--- Your task ---
Starting with the line that contains "pub acked_by : last_ack t k ≡ some a" and stopping after the line that contains "watermark s j)", copy the entries below exactly. Include nothing else.

═════ Dataset records ═════

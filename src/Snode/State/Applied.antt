-- ===== src/Snode/State/Applied.antt =====
-- What an applied promotion, a refused one and a refreshed acknowledgement leave in the state of
-- snode/state.go.
use arbiter_core.Snode.State.{LocalState, PartitionKey, Store, key}
use arbiter_core.Types.{PromotionAck}
use arbiter_core.Snode.LtHash.{LtHash}
use arbiter_core.Snode.State.Promotions.{
  acked, pending_promotion, watermark, last_ack, base_root, drained_sum, unpromoted_sum,
  acked_safe_inventory, inventory_of_ack,
}
use arbiter_core.Base.{
  ℕ, ◌≡◌, ◌≢◌, ◌&&◌, ◌||◌, not, none, some, List, [], Bytes, ◌≟◌, list_eq, nat_eq, insert, get_or,
  contains, true, lookup,
}

-- What an applied promotion of partition `k` leaves: the intent is resolved, the watermark, the
-- acknowledgement and the base are the promotion's, the candidates' hashes are subtracted from the
-- unpromoted sum, the partition's unsafe exclusion gains exactly the names that are not empty, and
-- the acknowledged inventory is that of an applied acknowledgement; no other partition's intent,
-- watermark, acknowledgement, base, sum, exclusion or acknowledged inventory moves, and no
-- partition's intake and no owed acknowledgement.
pub record IsApplied (l : LtHash) (k : PartitionKey) (n : ℕ) (a : PromotionAck) (b c : Bytes)
    (hs ns : List Bytes) (s t : Store) : Type 0 where
  pub resolved : pending_promotion t k ≡ none
  pub at_seq : watermark t k ≡ n
  pub acked_by : last_ack t k ≡ some a
  pub based : base_root t k ≡ (b, c)
  pub drained : drained_sum l hs (unpromoted_sum s k) ≡ some (unpromoted_sum t k)
  pub excluded :
      (p : Bytes)
      → contains p (get_or [] (key k) t.memory.promoted_unsafe_parts) ≡ (
          contains p (get_or [] (key k) s.memory.promoted_unsafe_parts)
          || (contains p ns && not (p ≟ [])))
  pub inventoried :
      a.applied ≡ true → acked_safe_inventory (key k) t.memory ≡ inventory_of_ack (some a)
  pub intake : t.memory.intake_parts ≡ s.memory.intake_parts
  pub owed : t.memory.owed_cleanup_acks ≡ s.memory.owed_cleanup_acks
  pub others :
      (j : PartitionKey)
      → key k ≢ key j
      → (pending_promotion t j ≡ pending_promotion s j)
        × (watermark t j ≡ watermark s j)
        × (last_ack t j ≡ last_ack s j)
        × (base_root t j ≡ base_root s j)
        × (unpromoted_sum t j ≡ unpromoted_sum s j)
        × (get_or [] (key j) t.memory.promoted_unsafe_parts
            ≡ get_or [] (key j) s.memory.promoted_unsafe_parts)
        × (lookup (key j) t.memory.acked_safe_inventories
            ≡ lookup (key j) s.memory.acked_safe_inventories)

module _ (l : LtHash) (ks : Bytes) (n : ℕ) (a : PromotionAck) (b c sum : Bytes) (ns : List Bytes)
    (m : LocalState) where
  abbrev base_state : LocalState
  base_state = acked ks n a b c (record m { unpromoted_sums = insert ks sum m.unpromoted_sums })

═════

--- Solved problem ---
  pub acked_by : last_ack t k ≡ some a
  pub based : base_root t k ≡ (b, c)
  pub drained : drained_sum l hs (unpromoted_sum s k) ≡ some (unpromoted_sum t k)
  pub excluded :
      (p : Bytes)
      → contains p (get_or [] (key k) t.memory.promoted_unsafe_parts) ≡ (
          contains p (get_or [] (key k) s.memory.promoted_unsafe_parts)
          || (contains p ns && not (p ≟ [])))
  pub inventoried :
      a.applied ≡ true → acked_safe_inventory (key k) t.memory ≡ inventory_of_ack (some a)
  pub intake : t.memory.intake_parts ≡ s.memory.intake_parts
  pub owed : t.memory.owed_cleanup_acks ≡ s.memory.owed_cleanup_acks
  pub others :
      (j : PartitionKey)
      → key k ≢ key j
      → (pending_promotion t j ≡ pending_promotion s j)
        × (watermark t j ≡ watermark s j)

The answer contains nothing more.